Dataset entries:

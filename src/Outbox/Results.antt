-- ===== src/Outbox/Results.antt =====
-- SaveResults and Discard: which operations they change, and how.
use mathlib.Core.Path.{subst}
use menuvex_printer.Outbox.{
  PushResult, check_each, check_results, expect_all, is_expected, is_pending, is_result_status,
  last_index, save_results_body, settle, settle_all, settle_at, with_result,
}
use menuvex_printer.Prelude.{
  Bool, Bool-cases, List, Map, String, [], arith, inl, inr, length, not, refl, string_eq, suc, sym,
  true, without, zero, ℕ, ◌==◌, ◌∷◌, ◌≡◌, ◌⊎◌,
}
use menuvex_printer.Result.{
  >>=-eq-ok, batch_not_covered, duplicate_or_unknown, ok, or_fail, outbox_changed, refuse_if-eq-ok,
  unknown_status,
}
use menuvex_printer.Store.{PersistedDb, Store, StoredOperation}

-- The wire intent of an operation: all of it but its state and its result.
abbrev pub SameIntent : StoredOperation → StoredOperation → Type 0
SameIntent a b =
    (b.id ≡ a.id)
    × (b.sequence ≡ a.sequence)
    × (b.entity_type ≡ a.entity_type)
    × (b.entity_id ≡ a.entity_id)
    × (b.action ≡ a.action)
    × (b.base_version ≡ a.base_version)
    × (b.depends_on ≡ a.depends_on)
    × (b.payload ≡ a.payload)
    × (b.created_at ≡ a.created_at)

-- One operation keeps its intent. It is as it was, or it was pending and has the status of a result.
abbrev pub Moved : StoredOperation → StoredOperation → Type 0
Moved a b =
    SameIntent a b × ((b ≡ a) ⊎ ((is_pending a.state ≡ true) × (is_result_status b.state ≡ true)))

-- Position by position.
abbrev pub Moves : List StoredOperation → List StoredOperation → Type 0
Moves [] [] = Unit {0}
Moves [] (b ∷ ys) = ⊥
Moves (a ∷ xs) [] = ⊥
Moves (a ∷ xs) (b ∷ ys) = Moved a b × Moves xs ys

SameIntent-refl : (a : StoredOperation) → SameIntent a a
SameIntent-refl a = (refl, refl, refl, refl, refl, refl, refl, refl, refl)

pub SameIntent-trans : (a b c : StoredOperation) → SameIntent a b → SameIntent b c → SameIntent a c
SameIntent-trans a b c h k = ground arith

Moves-refl : (ops : List StoredOperation) → Moves ops ops
Moves-refl [] = tt
Moves-refl (a ∷ xs) = ((SameIntent-refl a, inl refl), Moves-refl xs)

Moved-trans : (a b c : StoredOperation) → Moved a b → Moved b c → Moved a c
Moved-trans a b c (h, p) (k, inl q) = (
  SameIntent-trans a b c h k,
  subst (λ x. (x ≡ a) ⊎ ((is_pending a.state ≡ true) × (is_result_status x.state ≡ true))) (sym q)
      p,
)
Moved-trans a b c (h, inl p) (k, inr (q, r)) =
    (SameIntent-trans a b c h k, inr (subst (λ x. is_pending x.state ≡ true) p q, r))
Moved-trans a b c (h, inr (p, _)) (k, inr (_, r)) = (SameIntent-trans a b c h k, inr (p, r))

Moves-trans : (xs ys zs : List StoredOperation) → Moves xs ys → Moves ys zs → Moves xs zs
Moves-trans [] [] [] h k = tt
Moves-trans [] [] (z ∷ zs) h k = absurd k
Moves-trans [] (y ∷ ys) zs h k = absurd h
Moves-trans (x ∷ xs) [] zs h k = absurd h
Moves-trans (x ∷ xs) (y ∷ ys) [] h k = absurd k
Moves-trans (x ∷ xs) (y ∷ ys) (z ∷ zs) h k =
    (Moved-trans x y z h.0 k.0, Moves-trans xs ys zs h.1 k.1)

settle_at-Moves :
    (r : PushResult) (i : ℕ) (ops ops' : List StoredOperation)
    → is_result_status r.status ≡ true
    → settle_at r i ops ≡ ok ops'
    → Moves ops ops'
unfolding settle_at
settle_at-Moves r i [] ops' s h = cc
settle_at-Moves r zero (op ∷ ops) ops' s h = elim (Bool-cases (is_pending op.state)) [
  | inl p ↦
      let e : with_result r op ∷ ops ≡ ops' = ground (arith, p) in
      subst (Moves (op ∷ ops)) e ((with_result-Moved p), Moves-refl ops)
  | inr p ↦ absurd (ground (arith, p))
]
  where
    with_result-Moved : is_pending op.state ≡ true → Moved op (with_result r op)
    with_result-Moved p = (SameIntent-refl op, inr (p, s))
settle_at-Moves r (suc i) (op ∷ ops) ops' s h =
    let (rest, inner, last) = >>=-eq-ok (settle_at r i ops) _ h in
    let e : op ∷ rest ≡ ops' = cc in
    subst (Moves (op ∷ ops)) e
      ((SameIntent-refl op, inl refl), settle_at-Moves r i ops rest s inner)

settle-Moves :
    (r : PushResult) (ops ops' : List StoredOperation)
    → is_result_status r.status ≡ true
    → settle r ops ≡ ok ops'
    → Moves ops ops'
unfolding settle
settle-Moves r ops ops' s h =
    let (i, _, at) = >>=-eq-ok (or_fail (last_index r.id ops) outbox_changed) _ h in
    settle_at-Moves r i ops ops' s at

abbrev pub AllStatuses : List PushResult → Type 0
AllStatuses [] = Unit {0}
AllStatuses (r ∷ rs) = (is_result_status r.status ≡ true) × AllStatuses rs

settle_all-Moves :
    (rs : List PushResult) (ops ops' : List StoredOperation)
    → AllStatuses rs
    → settle_all rs ops ≡ ok ops'
    → Moves ops ops'
unfolding settle_all
settle_all-Moves [] ops ops' s h = let e : ops ≡ ops' = cc in subst (Moves ops) e (Moves-refl ops)
settle_all-Moves (r ∷ rs) ops ops' s h =
    let (mid, first, rest) = >>=-eq-ok (settle r ops) _ h in
    Moves-trans ops mid ops' (settle-Moves r ops mid s.0 first)
      (settle_all-Moves rs mid ops' s.1 rest)

-- The ids of the results are among those expected, and no id comes twice.
abbrev pub Covers : Map String Bool → List PushResult → Type 0
Covers expected [] = Unit {0}
Covers expected (r ∷ rs) = (is_expected expected r.id ≡ true) × Covers (without r.id expected) rs

check_each-Covers :
    (expected : Map String Bool) (rs : List PushResult)
    → check_each expected rs ≡ ok tt
    → Covers expected rs × AllStatuses rs
unfolding check_each
check_each-Covers expected [] h = (tt, tt)
check_each-Covers expected (r ∷ rs) h =
    let (known, h₁) = refuse_if-eq-ok (not (is_expected expected r.id)) duplicate_or_unknown _ h in
    let (status, h₂) = refuse_if-eq-ok (not (is_result_status r.status)) unknown_status _ h₁ in
    let (covers, statuses) = check_each-Covers (without r.id expected) rs h₂ in
    ((ground (arith, known), covers), (ground (arith, status), statuses))

pub save_body-Moves :
    (sent : List StoredOperation) (results : List PushResult) (st tx : PersistedDb)
    → check_results sent results ≡ ok tt
    → save_results_body results st ≡ ok (tx, tt)
    → Moves st.outbox tx.outbox
unfolding save_results_body check_results
save_body-Moves sent results st tx checked ran =
    let (_, each) =
      refuse_if-eq-ok (not (length sent == length results)) batch_not_covered _ checked in
    let (_, statuses) = check_each-Covers (expect_all sent []) results each in
    let (ops, settled, last) = >>=-eq-ok (settle_all results st.outbox) _ ran in
    subst (Moves st.outbox) (cc (last)) (settle_all-Moves results st.outbox ops statuses settled)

* **Exercise requirements**: One stretch of the lines above is wanted, from the line that contains "Moves-trans [] (y ∷ ys) zs h k = absurd h" through the line that contains "with_result-Moved p = (SameIntent-refl". Output it exactly.

* **Solution below**:
Moves-trans [] (y ∷ ys) zs h k = absurd h
Moves-trans (x ∷ xs) [] zs h k = absurd h
Moves-trans (x ∷ xs) (y ∷ ys) [] h k = absurd k
Moves-trans (x ∷ xs) (y ∷ ys) (z ∷ zs) h k =
    (Moved-trans x y z h.0 k.0, Moves-trans xs ys zs h.1 k.1)

settle_at-Moves :
    (r : PushResult) (i : ℕ) (ops ops' : List StoredOperation)
    → is_result_status r.status ≡ true
    → settle_at r i ops ≡ ok ops'
    → Moves ops ops'
unfolding settle_at
settle_at-Moves r i [] ops' s h = cc
settle_at-Moves r zero (op ∷ ops) ops' s h = elim (Bool-cases (is_pending op.state)) [
  | inl p ↦
      let e : with_result r op ∷ ops ≡ ops' = ground (arith, p) in
      subst (Moves (op ∷ ops)) e ((with_result-Moved p), Moves-refl ops)
  | inr p ↦ absurd (ground (arith, p))
]
  where
    with_result-Moved : is_pending op.state ≡ true → Moved op (with_result r op)
    with_result-Moved p = (SameIntent-refl op, inr (p, s))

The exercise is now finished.